> _ASSIGNMENT_
Every record below is to be reproduced exactly.
(SUPPLIED RECORDS Opens)
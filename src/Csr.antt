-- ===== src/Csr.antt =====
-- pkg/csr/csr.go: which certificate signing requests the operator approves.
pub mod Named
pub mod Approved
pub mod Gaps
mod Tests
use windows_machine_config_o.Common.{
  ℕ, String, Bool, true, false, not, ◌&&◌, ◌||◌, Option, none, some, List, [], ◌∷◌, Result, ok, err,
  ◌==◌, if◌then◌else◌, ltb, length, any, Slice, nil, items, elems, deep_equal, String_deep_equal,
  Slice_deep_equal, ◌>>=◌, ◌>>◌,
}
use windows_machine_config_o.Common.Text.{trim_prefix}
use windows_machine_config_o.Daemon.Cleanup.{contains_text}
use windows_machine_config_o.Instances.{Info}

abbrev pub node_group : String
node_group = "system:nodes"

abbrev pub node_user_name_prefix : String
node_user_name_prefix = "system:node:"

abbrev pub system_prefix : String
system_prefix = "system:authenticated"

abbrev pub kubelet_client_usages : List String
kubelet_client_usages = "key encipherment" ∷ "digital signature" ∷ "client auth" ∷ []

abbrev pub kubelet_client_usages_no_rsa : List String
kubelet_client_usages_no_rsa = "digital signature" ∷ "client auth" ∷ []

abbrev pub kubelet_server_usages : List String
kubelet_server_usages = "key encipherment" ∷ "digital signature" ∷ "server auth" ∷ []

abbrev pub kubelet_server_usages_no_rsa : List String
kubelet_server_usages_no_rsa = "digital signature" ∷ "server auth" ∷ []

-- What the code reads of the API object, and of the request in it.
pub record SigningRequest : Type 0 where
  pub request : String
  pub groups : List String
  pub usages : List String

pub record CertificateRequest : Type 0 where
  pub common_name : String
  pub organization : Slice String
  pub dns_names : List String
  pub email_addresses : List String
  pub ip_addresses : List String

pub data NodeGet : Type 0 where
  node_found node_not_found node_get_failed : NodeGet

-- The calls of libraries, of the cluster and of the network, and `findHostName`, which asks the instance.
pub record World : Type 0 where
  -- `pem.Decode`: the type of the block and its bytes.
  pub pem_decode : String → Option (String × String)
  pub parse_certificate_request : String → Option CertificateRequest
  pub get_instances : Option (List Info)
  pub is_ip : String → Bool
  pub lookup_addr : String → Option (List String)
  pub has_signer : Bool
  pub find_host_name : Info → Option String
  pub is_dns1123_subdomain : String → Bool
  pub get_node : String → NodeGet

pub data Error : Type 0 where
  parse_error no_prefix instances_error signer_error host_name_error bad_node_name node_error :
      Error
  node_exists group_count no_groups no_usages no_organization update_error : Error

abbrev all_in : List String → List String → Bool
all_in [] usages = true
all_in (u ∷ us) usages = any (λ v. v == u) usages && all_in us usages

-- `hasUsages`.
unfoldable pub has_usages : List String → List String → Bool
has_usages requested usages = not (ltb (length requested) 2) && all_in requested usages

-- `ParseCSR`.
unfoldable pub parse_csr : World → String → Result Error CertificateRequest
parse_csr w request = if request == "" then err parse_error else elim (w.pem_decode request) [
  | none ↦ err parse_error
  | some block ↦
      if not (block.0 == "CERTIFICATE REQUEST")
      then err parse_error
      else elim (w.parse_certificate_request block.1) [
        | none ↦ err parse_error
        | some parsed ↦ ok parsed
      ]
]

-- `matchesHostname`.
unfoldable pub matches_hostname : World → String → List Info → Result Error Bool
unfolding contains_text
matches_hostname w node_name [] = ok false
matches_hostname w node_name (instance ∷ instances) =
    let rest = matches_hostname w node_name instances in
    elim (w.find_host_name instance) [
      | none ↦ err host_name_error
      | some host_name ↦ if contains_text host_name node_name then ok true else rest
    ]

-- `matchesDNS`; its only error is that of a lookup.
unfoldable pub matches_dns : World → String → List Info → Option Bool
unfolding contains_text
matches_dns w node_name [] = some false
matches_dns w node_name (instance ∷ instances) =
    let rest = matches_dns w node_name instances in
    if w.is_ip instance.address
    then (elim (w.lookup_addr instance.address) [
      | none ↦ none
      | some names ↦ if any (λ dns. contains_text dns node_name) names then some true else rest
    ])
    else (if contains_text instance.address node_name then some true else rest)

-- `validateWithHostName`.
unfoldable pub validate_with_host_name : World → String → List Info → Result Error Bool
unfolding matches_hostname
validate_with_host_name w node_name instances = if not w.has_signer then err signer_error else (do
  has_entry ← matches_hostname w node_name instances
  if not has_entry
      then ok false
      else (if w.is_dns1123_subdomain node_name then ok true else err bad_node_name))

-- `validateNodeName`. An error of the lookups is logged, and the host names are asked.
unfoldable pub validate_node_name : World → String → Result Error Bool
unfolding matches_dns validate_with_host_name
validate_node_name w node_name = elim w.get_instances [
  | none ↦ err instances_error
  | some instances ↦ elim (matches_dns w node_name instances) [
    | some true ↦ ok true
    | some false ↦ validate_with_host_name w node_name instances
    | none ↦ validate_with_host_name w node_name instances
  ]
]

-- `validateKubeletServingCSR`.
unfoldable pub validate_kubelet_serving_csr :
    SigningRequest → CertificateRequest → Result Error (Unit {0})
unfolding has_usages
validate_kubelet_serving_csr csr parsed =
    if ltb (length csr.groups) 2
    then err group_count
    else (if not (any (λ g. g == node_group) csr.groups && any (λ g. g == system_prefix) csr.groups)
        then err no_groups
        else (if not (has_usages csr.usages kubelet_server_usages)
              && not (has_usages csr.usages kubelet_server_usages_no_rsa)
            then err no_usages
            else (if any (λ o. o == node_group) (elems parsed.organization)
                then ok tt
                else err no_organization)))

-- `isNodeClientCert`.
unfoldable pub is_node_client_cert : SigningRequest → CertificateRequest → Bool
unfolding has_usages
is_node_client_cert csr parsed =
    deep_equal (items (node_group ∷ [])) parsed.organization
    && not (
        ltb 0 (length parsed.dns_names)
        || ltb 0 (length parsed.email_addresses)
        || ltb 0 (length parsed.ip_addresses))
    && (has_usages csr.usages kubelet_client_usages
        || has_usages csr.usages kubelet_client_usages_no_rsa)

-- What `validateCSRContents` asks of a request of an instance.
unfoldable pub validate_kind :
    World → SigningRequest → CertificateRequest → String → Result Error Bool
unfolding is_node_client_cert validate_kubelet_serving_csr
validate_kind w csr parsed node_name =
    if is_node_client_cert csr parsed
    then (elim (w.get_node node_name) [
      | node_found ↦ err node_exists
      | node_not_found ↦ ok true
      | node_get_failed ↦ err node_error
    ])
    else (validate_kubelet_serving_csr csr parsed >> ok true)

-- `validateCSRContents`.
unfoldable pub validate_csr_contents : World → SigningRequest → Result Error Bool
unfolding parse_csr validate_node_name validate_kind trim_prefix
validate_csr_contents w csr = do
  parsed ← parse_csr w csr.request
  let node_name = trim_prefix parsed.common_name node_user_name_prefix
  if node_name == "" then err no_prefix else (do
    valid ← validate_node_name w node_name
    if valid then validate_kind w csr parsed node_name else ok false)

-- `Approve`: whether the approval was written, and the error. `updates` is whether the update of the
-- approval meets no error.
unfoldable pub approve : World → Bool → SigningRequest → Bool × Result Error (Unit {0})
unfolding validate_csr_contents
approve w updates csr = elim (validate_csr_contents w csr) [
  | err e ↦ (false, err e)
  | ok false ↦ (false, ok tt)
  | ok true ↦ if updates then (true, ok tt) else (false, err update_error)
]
(SUPPLIED RECORDS Closes)
> _RESPONSE TO THIS EXERCISE_
filename src/Csr.antt
-- ===== src/Csr.antt =====
-- pkg/csr/csr.go: which certificate signing requests the operator approves.
pub mod Named
pub mod Approved
pub mod Gaps
mod Tests
use windows_machine_config_o.Common.{
  ℕ, String, Bool, true, false, not, ◌&&◌, ◌||◌, Option, none, some, List, [], ◌∷◌, Result, ok, err,
  ◌==◌, if◌then◌else◌, ltb, length, any, Slice, nil, items, elems, deep_equal, String_deep_equal,
  Slice_deep_equal, ◌>>=◌, ◌>>◌,
}
use windows_machine_config_o.Common.Text.{trim_prefix}
use windows_machine_config_o.Daemon.Cleanup.{contains_text}
use windows_machine_config_o.Instances.{Info}

abbrev pub node_group : String
node_group = "system:nodes"

abbrev pub node_user_name_prefix : String
node_user_name_prefix = "system:node:"

abbrev pub system_prefix : String
system_prefix = "system:authenticated"

abbrev pub kubelet_client_usages : List String
kubelet_client_usages = "key encipherment" ∷ "digital signature" ∷ "client auth" ∷ []

abbrev pub kubelet_client_usages_no_rsa : List String
kubelet_client_usages_no_rsa = "digital signature" ∷ "client auth" ∷ []

abbrev pub kubelet_server_usages : List String
kubelet_server_usages = "key encipherment" ∷ "digital signature" ∷ "server auth" ∷ []

abbrev pub kubelet_server_usages_no_rsa : List String
kubelet_server_usages_no_rsa = "digital signature" ∷ "server auth" ∷ []

-- What the code reads of the API object, and of the request in it.
pub record SigningRequest : Type 0 where
  pub request : String
  pub groups : List String
  pub usages : List String

pub record CertificateRequest : Type 0 where
  pub common_name : String
  pub organization : Slice String
  pub dns_names : List String
  pub email_addresses : List String
  pub ip_addresses : List String

pub data NodeGet : Type 0 where
  node_found node_not_found node_get_failed : NodeGet

-- The calls of libraries, of the cluster and of the network, and `findHostName`, which asks the instance.
pub record World : Type 0 where
  -- `pem.Decode`: the type of the block and its bytes.
  pub pem_decode : String → Option (String × String)
  pub parse_certificate_request : String → Option CertificateRequest
  pub get_instances : Option (List Info)
  pub is_ip : String → Bool
  pub lookup_addr : String → Option (List String)
  pub has_signer : Bool
  pub find_host_name : Info → Option String
  pub is_dns1123_subdomain : String → Bool
  pub get_node : String → NodeGet

pub data Error : Type 0 where
  parse_error no_prefix instances_error signer_error host_name_error bad_node_name node_error :
      Error
  node_exists group_count no_groups no_usages no_organization update_error : Error

abbrev all_in : List String → List String → Bool
all_in [] usages = true
all_in (u ∷ us) usages = any (λ v. v == u) usages && all_in us usages

-- `hasUsages`.
unfoldable pub has_usages : List String → List String → Bool
has_usages requested usages = not (ltb (length requested) 2) && all_in requested usages

-- `ParseCSR`.
unfoldable pub parse_csr : World → String → Result Error CertificateRequest
parse_csr w request = if request == "" then err parse_error else elim (w.pem_decode request) [
  | none ↦ err parse_error
  | some block ↦
      if not (block.0 == "CERTIFICATE REQUEST")
      then err parse_error
      else elim (w.parse_certificate_request block.1) [
        | none ↦ err parse_error
        | some parsed ↦ ok parsed
      ]
]

-- `matchesHostname`.
unfoldable pub matches_hostname : World → String → List Info → Result Error Bool
unfolding contains_text
matches_hostname w node_name [] = ok false
matches_hostname w node_name (instance ∷ instances) =
    let rest = matches_hostname w node_name instances in
    elim (w.find_host_name instance) [
      | none ↦ err host_name_error
      | some host_name ↦ if contains_text host_name node_name then ok true else rest
    ]

-- `matchesDNS`; its only error is that of a lookup.
unfoldable pub matches_dns : World → String → List Info → Option Bool
unfolding contains_text
matches_dns w node_name [] = some false
matches_dns w node_name (instance ∷ instances) =
    let rest = matches_dns w node_name instances in
    if w.is_ip instance.address
    then (elim (w.lookup_addr instance.address) [
      | none ↦ none
      | some names ↦ if any (λ dns. contains_text dns node_name) names then some true else rest
    ])
    else (if contains_text instance.address node_name then some true else rest)

-- `validateWithHostName`.
unfoldable pub validate_with_host_name : World → String → List Info → Result Error Bool
unfolding matches_hostname
validate_with_host_name w node_name instances = if not w.has_signer then err signer_error else (do
  has_entry ← matches_hostname w node_name instances
  if not has_entry
      then ok false
      else (if w.is_dns1123_subdomain node_name then ok true else err bad_node_name))

-- `validateNodeName`. An error of the lookups is logged, and the host names are asked.
unfoldable pub validate_node_name : World → String → Result Error Bool
unfolding matches_dns validate_with_host_name
validate_node_name w node_name = elim w.get_instances [
  | none ↦ err instances_error
  | some instances ↦ elim (matches_dns w node_name instances) [
    | some true ↦ ok true
    | some false ↦ validate_with_host_name w node_name instances
    | none ↦ validate_with_host_name w node_name instances
  ]
]

-- `validateKubeletServingCSR`.
unfoldable pub validate_kubelet_serving_csr :
    SigningRequest → CertificateRequest → Result Error (Unit {0})
unfolding has_usages
validate_kubelet_serving_csr csr parsed =
    if ltb (length csr.groups) 2
    then err group_count
    else (if not (any (λ g. g == node_group) csr.groups && any (λ g. g == system_prefix) csr.groups)
        then err no_groups
        else (if not (has_usages csr.usages kubelet_server_usages)
              && not (has_usages csr.usages kubelet_server_usages_no_rsa)
            then err no_usages
            else (if any (λ o. o == node_group) (elems parsed.organization)
                then ok tt
                else err no_organization)))

-- `isNodeClientCert`.
unfoldable pub is_node_client_cert : SigningRequest → CertificateRequest → Bool
unfolding has_usages
is_node_client_cert csr parsed =
    deep_equal (items (node_group ∷ [])) parsed.organization
    && not (
        ltb 0 (length parsed.dns_names)
        || ltb 0 (length parsed.email_addresses)
        || ltb 0 (length parsed.ip_addresses))
    && (has_usages csr.usages kubelet_client_usages
        || has_usages csr.usages kubelet_client_usages_no_rsa)

-- What `validateCSRContents` asks of a request of an instance.
unfoldable pub validate_kind :
    World → SigningRequest → CertificateRequest → String → Result Error Bool
unfolding is_node_client_cert validate_kubelet_serving_csr
validate_kind w csr parsed node_name =
    if is_node_client_cert csr parsed
    then (elim (w.get_node node_name) [
      | node_found ↦ err node_exists
      | node_not_found ↦ ok true
      | node_get_failed ↦ err node_error
    ])
    else (validate_kubelet_serving_csr csr parsed >> ok true)

-- `validateCSRContents`.
unfoldable pub validate_csr_contents : World → SigningRequest → Result Error Bool
unfolding parse_csr validate_node_name validate_kind trim_prefix
validate_csr_contents w csr = do
  parsed ← parse_csr w csr.request
  let node_name = trim_prefix parsed.common_name node_user_name_prefix
  if node_name == "" then err no_prefix else (do
    valid ← validate_node_name w node_name
    if valid then validate_kind w csr parsed node_name else ok false)

-- `Approve`: whether the approval was written, and the error. `updates` is whether the update of the
-- approval meets no error.
unfoldable pub approve : World → Bool → SigningRequest → Bool × Result Error (Unit {0})
unfolding validate_csr_contents
approve w updates csr = elim (validate_csr_contents w csr) [
  | err e ↦ (false, err e)
  | ok false ↦ (false, ok tt)
  | ok true ↦ if updates then (true, ok tt) else (false, err update_error)
]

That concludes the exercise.